Redefining "normal"

As I've attempted to explain - epilepsy is a condition which imposes itself on people's lives - but the way it impacts people is not unlike other health problems. For instance, facing my new reality - coupled with the increase in my medication - helped to send me into an emotional spiral. When I went to see the psychiatrist for the first and only time, we listed all the factors in my life that could cause depression, and without the medication as a factor, there were plenty of circumstances that would make me vulnerable to depression. The diagnosis alone was a major set back to me - and many people who are diagnosed with epilepsy need counseling as a result. Consider this: a person basically has to redefine "normal." I had to accept that the routine "panic attacks" that I'd been having for years were actually abnormal - in other words, what I thought was something manageable and simple now became this persistent, complex problem. Facing the fact that I had been having seizures since I was 16 and didn't realize it was a major milestone in my life.

The Epilepsy Foundation is an amazing organization that reaches out to epileptics from all different backgrounds. They hold support group meetings once a month. I remember the first meeting I ever tried going to - I had to really psych myself up for it. I was nervous, anxious, and emotional up until the moment we pulled into the parking lot - only to see that the meeting had been canceled due to construction. I couldn't have been more disappointed, and that disappointment came out as a rolling of my eyes and a shrug, as if I were saying, "Of course its canceled - the world hates me, after all." I handled many of my problems this way while I was in the middle of the depression - I felt that I'd lost everything already, so why not take more from me while I'm still down? This was how the depression affected me. I picked fights with my family and fiance, and I'd cry for hours every Saturday. I'm still puzzled as to why I'd sink to my lowest points on Saturday - all I know is that my fiance was the only one I'd allow near me while I'd cry. We even had a system. I'd be on the floor, sobbing, and he'd be sitting near me, patting my back, waiting for the tears to stop. When they finally did, I'd have no explanation for my brokenness.

Each day for the first three months was the same: I'd wake up around 10:30, take my medication, curl up on the recliner, and flip through the channels. About 75% of my time was spent in front of the television - and I've never been such a couch potato in my life. I'd say at least two months were like this - and when I wasn't watching television, I'd be on the computer. The slink into this lifestyle wasn't immediate, though. For my first few weeks home, I was emotional, but doing all right. I even went to church with my family and went to my friend's weddings - trying to maintain as much normalcy as possible. Yet, I can't talk about this time without bringing up something that is a little uncomfortable.

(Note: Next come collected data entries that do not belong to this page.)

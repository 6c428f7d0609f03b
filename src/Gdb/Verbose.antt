-- ===== src/Gdb/Verbose.antt =====
-- `GDB::handle_v_packet` of main/gdb_main.cpp.
use blackmagic_espidf.Base.{
  ℕ, Bool, true, false, none, some, List, [], ◌∷◌, ◌++◌, drop, get_or, ◌==◌, if◌then◌else◌,
}
use blackmagic_espidf.Base.Text.{codes, str_eq}
use blackmagic_espidf.Gdb.State.{
  Pointer, Server, Client, target_reset, target_set_cmdline, target_halt_request,
  target_halt_resume, target_flash_erase, target_flash_write, target_flash_complete, Effect, call,
  Probe, Out, put, answer, then_effects,
}
use blackmagic_espidf.Gdb.Run.{kill}
use blackmagic_espidf.Gdb.Query.{starts_with}
use blackmagic_espidf.Gdb.Cmdline.{run_cmdline}

-- The packets, with what `sscanf` has read.
pub data Verb : Type 0 where
  v_run v_cont v_kill flash_done stopped unknown : Verb
  v_attach : (n : ℕ) → Verb
  flash_erase : (addr len : ℕ) → Verb
  flash_write : (addr bin : ℕ) → Verb

abbrev pub verb_behind_write : List ℕ → Verb
verb_behind_write packet =
    if starts_with (codes "vCont") packet
    then v_cont
    else if starts_with (codes "vKill;") packet
    then v_kill
    else if str_eq packet (codes "vFlashDone")
    then flash_done
    else if str_eq packet (codes "vStopped")
    then stopped
    else unknown

abbrev pub verb_behind_run : Probe → List ℕ → Verb
verb_behind_run w packet = elim (w.scan_erase packet) [
  | some (addr, len) ↦ flash_erase addr len
  | none ↦ elim (w.scan_write packet) [
    | some (addr, bin) ↦ flash_write addr bin
    | none ↦ verb_behind_write packet
  ]
]

unfoldable pub verb : Probe → List ℕ → Verb
verb w packet = elim (w.scan_attach packet) [
  | some n ↦ v_attach n
  | none ↦ if starts_with (codes "vRun") packet then v_run else verb_behind_run w packet
]

-- `cur_target = ...` and the reply to an attachment.
unfoldable pub on_attach : Server → Client → Pointer → Out
on_attach s c none = answer (record s { cur_target = none }) c (codes "E01")
on_attach s c (some t) = answer (record s { cur_target = some t }) c (codes "T05thread:1;")

-- The reset of `vRun`, on a target.
abbrev pub run_target : Server → Client → List ℕ → ℕ → Out
run_target s c cmdline t = record {
  server = s;
  client = c;
  effects =
      call (target_set_cmdline cmdline) (some t)
      ∷ call target_reset (some t)
      ∷ put (codes "T05")
      ∷ [];
}

unfoldable pub run_attached : Server → Client → List ℕ → Pointer → Out
run_attached s c cmdline none = answer (record s { cur_target = none }) c (codes "E01")
run_attached s c cmdline (some t) = run_target (record s { cur_target = some t }) c cmdline t

unfoldable pub on_run : Probe → Server → Client → List ℕ → Out
on_run w s c cmdline = elim s.cur_target [
  | some t ↦ run_target s c cmdline t
  | none ↦ elim s.last_target [
    | none ↦ answer s c (codes "E01")
    | some l ↦ run_attached s c cmdline (w.attach l)
  ]
]

-- The reset in front of the first flash command.
abbrev pub before_flash : Bool → ℕ → List Effect
before_flash true t = []
before_flash false t = call target_reset (some t) ∷ call target_halt_request (some t) ∷ []

unfoldable pub on_flash_erase : Probe → Server → Client → (addr len : ℕ) → Out
on_flash_erase w s c addr len = elim s.cur_target [
  | none ↦ answer s c (codes "EFF")
  | some t ↦
      then_effects (before_flash s.flash_mode t ++ call (target_flash_erase addr len) (some t) ∷ [])
        (if w.erased t addr len
          then answer (record s { flash_mode = true }) c (codes "OK")
          else answer (record s { flash_mode = false }) c (codes "EFF"))
]

unfoldable pub on_flash_write : Probe → Server → Client → (addr : ℕ) → List ℕ → Out
on_flash_write w s c addr bytes = elim s.cur_target [
  | none ↦ answer (record s { flash_mode = false }) c (codes "EFF")
  | some t ↦ then_effects (call (target_flash_write addr bytes) (some t) ∷ []) (
      if w.flashed t addr bytes
      then answer s c (codes "OK")
      else answer (record s { flash_mode = false }) c (codes "EFF"))
]

-- One action of `vCont`.
unfoldable pub act : ℕ → ℕ → Client → Client × List Effect
act t a c =
    if a == b'c'
    then (record c { run_state = true }, call (target_halt_resume c.single_step) (some t) ∷ [])
    else if a == b't'
    then (record c { run_state = true }, call target_halt_request (some t) ∷ [])
    else if a == b's'
    then (record c { run_state = true; single_step = true }, [])
    else (c, [])

-- The loop over them, on a target.
unfoldable pub actions : ℕ → List ℕ → Client → Client × List Effect
unfolding act
actions t [] c = (c, [])
actions t (a ∷ rest) c =
    let (c', done) = act t a c in
    let (c'', done') = actions t rest c' in if a == 0 then (c, []) else (c'', done ++ done')

abbrev pub skip_semicolon : List ℕ → List ℕ
skip_semicolon [] = []
skip_semicolon (c ∷ cs) = if c == b';' then cs else c ∷ cs

unfoldable pub on_cont : Server → Client → List ℕ → Out
unfolding actions
on_cont s c text =
    if get_or text 0 0 == b'?' then answer s c (codes "vCont;c;s;t") else elim s.cur_target [
      | none ↦ answer s c (codes "EFF")
      | some t ↦
          let (c', effects') = actions t text (record c { single_step = false }) in
          then_effects effects' (answer s c' (codes "OK"))
    ]

-- `target_flash_complete` is called on a null pointer too.
unfoldable pub on_flash_done : Probe → Server → Client → Out
on_flash_done w s c = then_effects (call target_flash_complete s.cur_target ∷ []) (
    answer (record s { flash_mode = false }) c
      (if w.completed s.cur_target then codes "OK" else codes "EFF"))

unfoldable pub on_stopped : Server → Client → Out
on_stopped s c =
    if c.gdb_needs_detach_notify
    then answer s (record c { gdb_needs_detach_notify = false }) (codes "W00")
    else answer s c (codes "OK")

abbrev pub answered_kill : Out → Out
answered_kill o = record o { effects = o.effects ++ put (codes "OK") ∷ [] }

-- `unhexify` of two digits.
abbrev pub byte_of : Probe → ℕ → ℕ → ℕ
byte_of w a b = get_or (w.unhexify (a ∷ b ∷ [])) 0 0

-- `plen - bin` bytes are flashed, `plen` being the packet's length.
unfoldable pub on_verb : Probe → Server → Client → List ℕ → Verb → Out
unfolding on_attach on_run on_flash_erase on_flash_write on_cont on_flash_done on_stopped
on_verb w s c packet (v_attach n) = on_attach s c (w.attach_n n)
on_verb w s c packet v_run = on_run w s c (run_cmdline (byte_of w) (drop 4 packet))
on_verb w s c packet (flash_erase addr len) = on_flash_erase w s c addr len
on_verb w s c packet (flash_write addr bin) = on_flash_write w s c addr (drop bin packet)
on_verb w s c packet v_cont = on_cont s c (skip_semicolon (drop 5 packet))
on_verb w s c packet v_kill = answered_kill (kill s c)
on_verb w s c packet flash_done = on_flash_done w s c
on_verb w s c packet stopped = on_stopped s c
on_verb w s c packet unknown = answer s c []

unfoldable pub handle_v_packet : Probe → Server → Client → List ℕ → Out
unfolding verb on_verb
handle_v_packet w s c packet = on_verb w s c packet (verb w packet)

My family has been attending the same church since I was 12, and my mom holds a position on staff. Basically, everyone knows me; and everyone knew about my seizures. There were some people who treated me like they would any other day - but then there were some who acted awkwardly or didn't know what to do or say when I was in front of them. My attitude eventually became, "If you don't want to know, don't ask," but of course, I'd never say that outloud. I almost found it entertaining to watch people stumble over their words - I mean, if I'd been in their shoes, I wouldn't have known what to say, either. After a couple of visits to church, though, with people looking at me in that concerned way - never mind that I'd just graduated college and written my first novel - I decided never to go back. I don't blame anyone for not knowing what to say - but I didn't like being looked at as "the girl who had the seizures," because there's more to me than being epileptic, after all. I'll admit it: my pride took a hit.

Of course, I didn't know right away that I was epileptic. Although epilepsy is defined as "one or more unprovoked seizures," the doctors found that I had an infection the day of the seizures, so their first thought was that the infection lowered my seizure threshold and provoked the seizures. However, after I'd been home a few days, I dared to get on the computer and research the E word myself. I'd read a couple of articles on epilepsy, and I remember how the tears rolled down my face as I realized that I was indeed, epileptic. I didn't need a doctor's diagnosis, but we eventually got three doctors to confirm adamantly that I have epilepsy. I was filled with anxiety over all the theories made about epilepsy, particularly, women and epilepsy. There's no way to determine what in my genetic makeup has affected my neurological health - and there's no way to decide what triggers my seizures, although I believe my trigger is stress. I put two and two together: my seizures increased while in my final year in college - the busiest and most exciting year of my life - which would explain the increase in seizure activity.

I've brought up many different points in this blog - but remember, its all from the mind of a girl whose lived it. If there's anyway to sum all of it up: newly diagnosed epileptics need time, understanding, encouragement, and lots of tissues. Be sensitive to people who are facing difficult health issues, because most of the time things will be said or done that would not normally be said or done by them. Its hard to redefine normal.